The Rising

“I WAS SUPPOSED TO stay with you until the others arrived,” Raiff resumed, when he felt Alex was ready. “They’re the ones behind whatever it is you don’t realize you know.”


“Because I don’t. I was an infant at the time. It’s not like they could teach me anything.”

“Since it was clear they weren’t coming,” Raiff said, not bothering to break his train of thought to respond to Alex’s assertion, “all bets were off, and you were better off with the Chins.”

“My parents, you mean,” Alex said, not bothering to hide the indignation in his voice.

Raiff took a deep breath and framed Alex in his stare, seeming to forget Sam was even there. “I reacquired you shortly after—it wasn’t hard once I had a list of facility personnel and connected the dots after learning about your mother. I counted my blessings, knowing this was the perfect scenario to keep you safe, better than any I could possibly have planned. But I never lost track of you and enlisted other refugees from our planet to serve as Watchers, keeping an eye on you as much as possible, Dancer—”

“Alex. Please call me Alex.”

“Alex,” Raiff tried. “We never let you out of our sight, knowing this day would come. Knowing the future depended on it.”

“Refugees?” Sam posed.

“I’m getting to that. Suffice it to say for now that we knew what those who control our planet were going to do to you because they’d already done it to us.”

“Get back to what you said about what I know,” Alex prompted. “About how to defeat whoever killed my parents.”

But before Raiff could, a bell began to jangle.

*

“My early detection system,” he said, leading them through the sprawl of what felt like a grand loft-style apartment, albeit one that came without windows.

“What,” Alex began, “a bunch of tin cans tied on a string?”

“The bells are just the sound I programmed. The system itself is a bit more sophisticated.”

The jangling sounded again.

“We need to get out of here,” Raiff said, leading them straight toward a wall paneled in rich, dark wood.

Some sort of sensor must have picked him up because the wall slid open. They continued on through it, finding themselves in another cavernous space, blackout dark until Raiff flipped a switch somewhere.

Sam screamed.

*

It was a dragon. Red and real and fiery with flames shooting out its mouth. As Alex clutched her, she realized it wasn’t moving and smelled vaguely of sawdust—and that the flames weren’t at all real, but carved out of wood as well.

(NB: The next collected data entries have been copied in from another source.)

-- ===== src/Registry.antt =====
-- logger.h, logger.cpp, logger_private.h: the registered subsystems. Ids are unsigned ints of 32
-- bits. A failed assert is `none`.
pub mod Added
pub mod Laws
pub mod Registrator
use epics_logfile.Base.{
  ℕ, ◌+◌, ◌%◌, ◌^◌, Bool, List, [], ◌∷◌, Option, none, some, Bytes, codes, bytes_eq, if◌then◌else◌,
  Result, ok, throw, Exception, invalid_argument,
}
use epics_logfile.Base.Map.{nat_key, find, emplace, assign}
use epics_logfile.Level.{Level}

pub record SubsystemInfo : Type 0 where
  pub name : Bytes
  pub min_level : Level

-- logger_private, but for the log thread.
pub record Registry : Type 0 where
  pub subsystems : List (ℕ × SubsystemInfo)
  pub next_free_subsystem_id : ℕ

abbrev pub no_subsystems : Registry
no_subsystems = record { subsystems = []; next_free_subsystem_id = 0 }

-- std::find_if over the map.
unfoldable pub find_name : Bytes → List (ℕ × SubsystemInfo) → Option ℕ
find_name name [] = none
find_name name ((id, info) ∷ rest) =
    let later = find_name name rest in if bytes_eq info.name name then some id else later

unfoldable pub id_or_throw : Option ℕ → Result ℕ
id_or_throw (some id) = ok id
id_or_throw none = throw (invalid_argument (codes "Unknown subsystem name."))

-- logger::find_subsystem.
unfoldable pub find_subsystem : Bytes → Registry → Result ℕ
unfolding find_name id_or_throw
find_subsystem name r = id_or_throw (find_name name r.subsystems)

-- The part of register_subsystem behind the `try`; `minimum` is SuS_LOG_MINLEVEL.
unfoldable pub add_subsystem : Level → Bytes → Registry → Registry × ℕ
add_subsystem minimum name r =
    let new_id = r.next_free_subsystem_id in
    (
      record {
        subsystems = emplace new_id (record { name = name; min_level = minimum }) r.subsystems;
        next_free_subsystem_id = (new_id + 1) % 2 ^ 32;
      },
      new_id,
    )

-- logger::register_subsystem. The handler takes std::invalid_argument, all that find_subsystem
-- throws.
unfoldable pub register_subsystem : Level → Bytes → Registry → Registry × ℕ
unfolding find_subsystem add_subsystem
register_subsystem minimum name r = elim (find_subsystem name r) [
  | ok id ↦ (r, id)
  | throw e ↦ add_subsystem minimum name r
]

-- logger::set_subsystem_min_log_level.
unfoldable pub set_subsystem_min_log_level : ℕ → Level → Registry → Option Registry
set_subsystem_min_log_level id level r = elim (find id r.subsystems) [
  | none ↦ none
  | some info ↦
      some (record r { subsystems = assign id (record info { min_level = level }) r.subsystems })
]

“Sorry about that,” said Raiff. “I should have warned you.”

Sam nodded, sucking in big deep breaths to settle herself. Here she was, eighteen years old, and she’d just been scared out of her wits by a wooden dragon perched atop a carousel—called Dragon Wheel, according to the sign she could just glimpse upon a flag-topped cover—and featuring all manner of comparable creatures.

These days, though, who could tell what was real and what wasn’t?

Laboratory Z, Sam now remembered the professor had mentioned outside, had been built on the ruins of an old amusement park in the time before Bishop Ranch. Hence the Dragon Wheel and another dozen vintage carousels battling for space, each looking freshly carved and painted.

“Hobby of mine,” Raiff explained briefly. “I restore them to working order. Come on, we need to hurry.”

But before leading them on, Raiff threw a long series of switches that looked like circuit breakers. Instantly the restored carousels whirled into motion, their horses, dragons, and assorted other creatures bobbing up and down with a chorus of instrumentals dueling to be the loudest and most annoying.

“If it’s androids that are coming,” Raiff said, “this will throw off their tracking. If it’s Trackers, it’ll provide cover.”

And with that gunshots rang out, echoing amid the spinning thunder of wooden creatures gaining speed with each twirl of their respective circular homes. Raiff pushed Alex and Sam down low, even with the carousel bases, making them almost impossible to spot, as the hundreds of beautifully restored empty mounts sprang back to life.

More shots resounded as Raiff pulled them on.

“Stay low!” he ordered. “See the carousel way off to the right?”

“Painted Ponies?” Alex asked.

“No, the White Castle. There’s a door just beyond it. That’s our target, an extension of the original escape tunnel. Hope you’re not afraid of the dark.”